The Company is currently in compliance with all covenants governing the credit facility.

Other 2020 Financing Activity
 
During the nine months ended September 30, 2020, the Company borrowed $38.2 million under its existing construction loans to fund new development and construction.

In the second quarter of 2020, the Company proactively obtained a waiver from the lender for the Premier Retail/Apartments loan wherein the Company did not have to meet the minimum debt service coverage requirement for the period ended June 30, 2020. The Company also proactively obtained a waiver from the lender for the 249 Central Park, Fountain Plaza Retail, and South Retail properties wherein the Company did not have to meet the minimum debt service coverage requirement for the period ended June 30, 2020 and will not have to meet the requirement for the period ending December 31, 2020.

In June 2020, the Company exercised its option to purchase the remaining 21% ownership interest in 1405 Point in exchange for increased ground lease payments to be made over the approximately 42-year remaining lease term. The Company recorded a note payable of $6.1 million, which represents the present value of these payments.
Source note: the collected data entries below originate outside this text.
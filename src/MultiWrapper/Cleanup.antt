-- ===== src/MultiWrapper/Cleanup.antt =====
-- The listeners of a wrapper over its life: who accepts on them, and who closes them.
use point_c.Base.{
  Bytes, ◌*◌, ◌==◌, if◌then◌else◌, ℕ, ◌+◌, ◌≡◌, ◌↔◌, refl, sym, ◌∙◌, true, Option, none, some, List,
  [], ◌∷◌, ◌++◌, GoError, join, All, arith, append_assoc, append-nil, map, ok,
}
use point_c.MultiWrapper.{
  ListenerId, MultiWrapper, zero_wrapper, listener, assert_listeners, provision, provision_loaded,
  close_all, cleanup, wrap_listener,
}

module _ (close_listener : ListenerId → Option GoError) where
  close_all_closed :
      (ls closed : List ListenerId) (e : Option GoError)
      → (close_all close_listener ls closed e).0 ≡ closed ++ ls
  unfolding close_all
  close_all_closed [] closed e = sym (append-nil closed)
  close_all_closed (l ∷ ls) closed e =
      close_all_closed ls (closed ++ l ∷ []) (join e (close_listener l))
      ∙ append_assoc closed (l ∷ []) ls

  join-eq-none : (a b : Option GoError) → join a b ≡ none → (a ≡ none) × (b ≡ none)
  join-eq-none none none h = (refl, refl)
  join-eq-none none (some y) h = cc
  join-eq-none (some x) none h = cc
  join-eq-none (some x) (some y) h = cc

  close_all_error_of :
      (ls closed : List ListenerId) (e : Option GoError)
      → (close_all close_listener ls closed e).1 ≡ none
      → (e ≡ none) × All (λ l. close_listener l ≡ none) ls
  unfolding close_all
  close_all_error_of [] closed e h = (h, tt)
  close_all_error_of (l ∷ ls) closed e h =
      let (j, rest) = close_all_error_of ls (closed ++ l ∷ []) (join e (close_listener l)) h in
      let (a, b) = join-eq-none e (close_listener l) j in (a, (b, rest))

  close_all_error :
      (ls closed : List ListenerId)
      → All (λ l. close_listener l ≡ none) ls
      → (close_all close_listener ls closed none).1 ≡ none
  unfolding close_all
  close_all_error [] closed h = refl
  close_all_error (l ∷ ls) closed (h, hs) =
      rw (h, close_all) (close_all_error ls (closed ++ l ∷ []) hs)

  -- `Cleanup` closes every listener once, in order, and empties the wrapper; it returns no error
  -- exactly if no listener did.
  pub cleanup_lem :
      (p : MultiWrapper)
      → ((cleanup close_listener p).0 ≡ zero_wrapper)
        × ((cleanup close_listener p).1 ≡ p.listeners)
        × (((cleanup close_listener p).2 ≡ none) ↔ All (λ l. close_listener l ≡ none) p.listeners)
  unfolding cleanup
  cleanup_lem p = (
    refl,
    close_all_closed p.listeners [] none,
    ((λ h. (close_all_error_of p.listeners [] none h).1), close_all_error p.listeners []),
  )

map_modules-ok : (ls : List ListenerId) → assert_listeners (map listener ls) ≡ ok ls
unfolding assert_listeners
map_modules-ok [] = refl
map_modules-ok (l ∷ ls) = ground (arith, map_modules-ok ls)

-- `Provision`, with raw listeners configured that all load to listeners, succeeds, and wrapping one
-- more then starts one goroutine on each of them, in order.
pub wrap_listener-provision :
    (p : MultiWrapper) (raw : List Bytes) (ls : List ListenerId) (l : ListenerId)
    → p.listener_raw ≡ some raw
    → (q : MultiWrapper) × (provision p (ok (map listener ls)) ≡ ok (q, none))
      × ((wrap_listener q l).1 ≡ ls ++ l ∷ [])
      × ((wrap_listener q l).0.listeners ≡ ls ++ l ∷ [])
unfolding provision provision_loaded wrap_listener
wrap_listener-provision p raw ls l h =
    (record p { listeners = ls; conns = true }, ground (arith, map_modules-ok ls), refl, refl)

-- How many goroutines accept on a listener, of those that were started.
abbrev pub goroutines : ListenerId → List ListenerId → ℕ
goroutines l [] = 0
goroutines l (x ∷ xs) = (if x == l then 1 else 0) + goroutines l xs

goroutines-append :
    (l : ListenerId) (xs ys : List ListenerId)
    → goroutines l (xs ++ ys) ≡ goroutines l xs + goroutines l ys
goroutines-append l [] ys = omega arith
goroutines-append l (x ∷ xs) ys = omega (arith, goroutines-append l xs ys)

-- Two calls of `WrapListener` on one wrapper start two goroutines for each listener that the
-- wrapper had before, and for the one that the first call was given.
pub wrap_listener_twice :
    (p : MultiWrapper) (a b l : ListenerId)
    → goroutines l ((wrap_listener p a).1 ++ (wrap_listener (wrap_listener p a).0 b).1)
      ≡ 2 * goroutines l (p.listeners ++ a ∷ []) + goroutines l (b ∷ [])
unfolding wrap_listener
wrap_listener_twice p a b l =
    let xs = p.listeners ++ a ∷ [] in
    omega (arith, goroutines-append l xs (xs ++ b ∷ []), goroutines-append l xs (b ∷ []))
The ground lessor is an affiliate of our former joint venture partner.

On August 31, 2020, the Company entered into a $31.4 million construction loan agreement for the development project owned by the Gainesville Partnership. The loan bears interest at a rate of LIBOR plus a spread of 3.00% with a floor of 3.75%. The loan matures on August 31, 2024 and has one 12-month extension option. The Company's joint venture partner in the Gainesville Partnership has guaranteed payment of 55% of loan advances.

On September 22, 2020, as a part of the Nexton Square acquisition, the Company assumed a note payable of $22.9 million. The loan bears interest at a rate of LIBOR plus a spread of 2.25% and will mature on August 8, 2021.

On September 22, 2020, the Company paid off the Hanbury Village loan in full. This property was added to the unencumbered borrowing base for the revolving credit facility.

As of September 30, 2020, the Company was in compliance with the applicable terms of all loan covenants after giving effect to the waivers granted.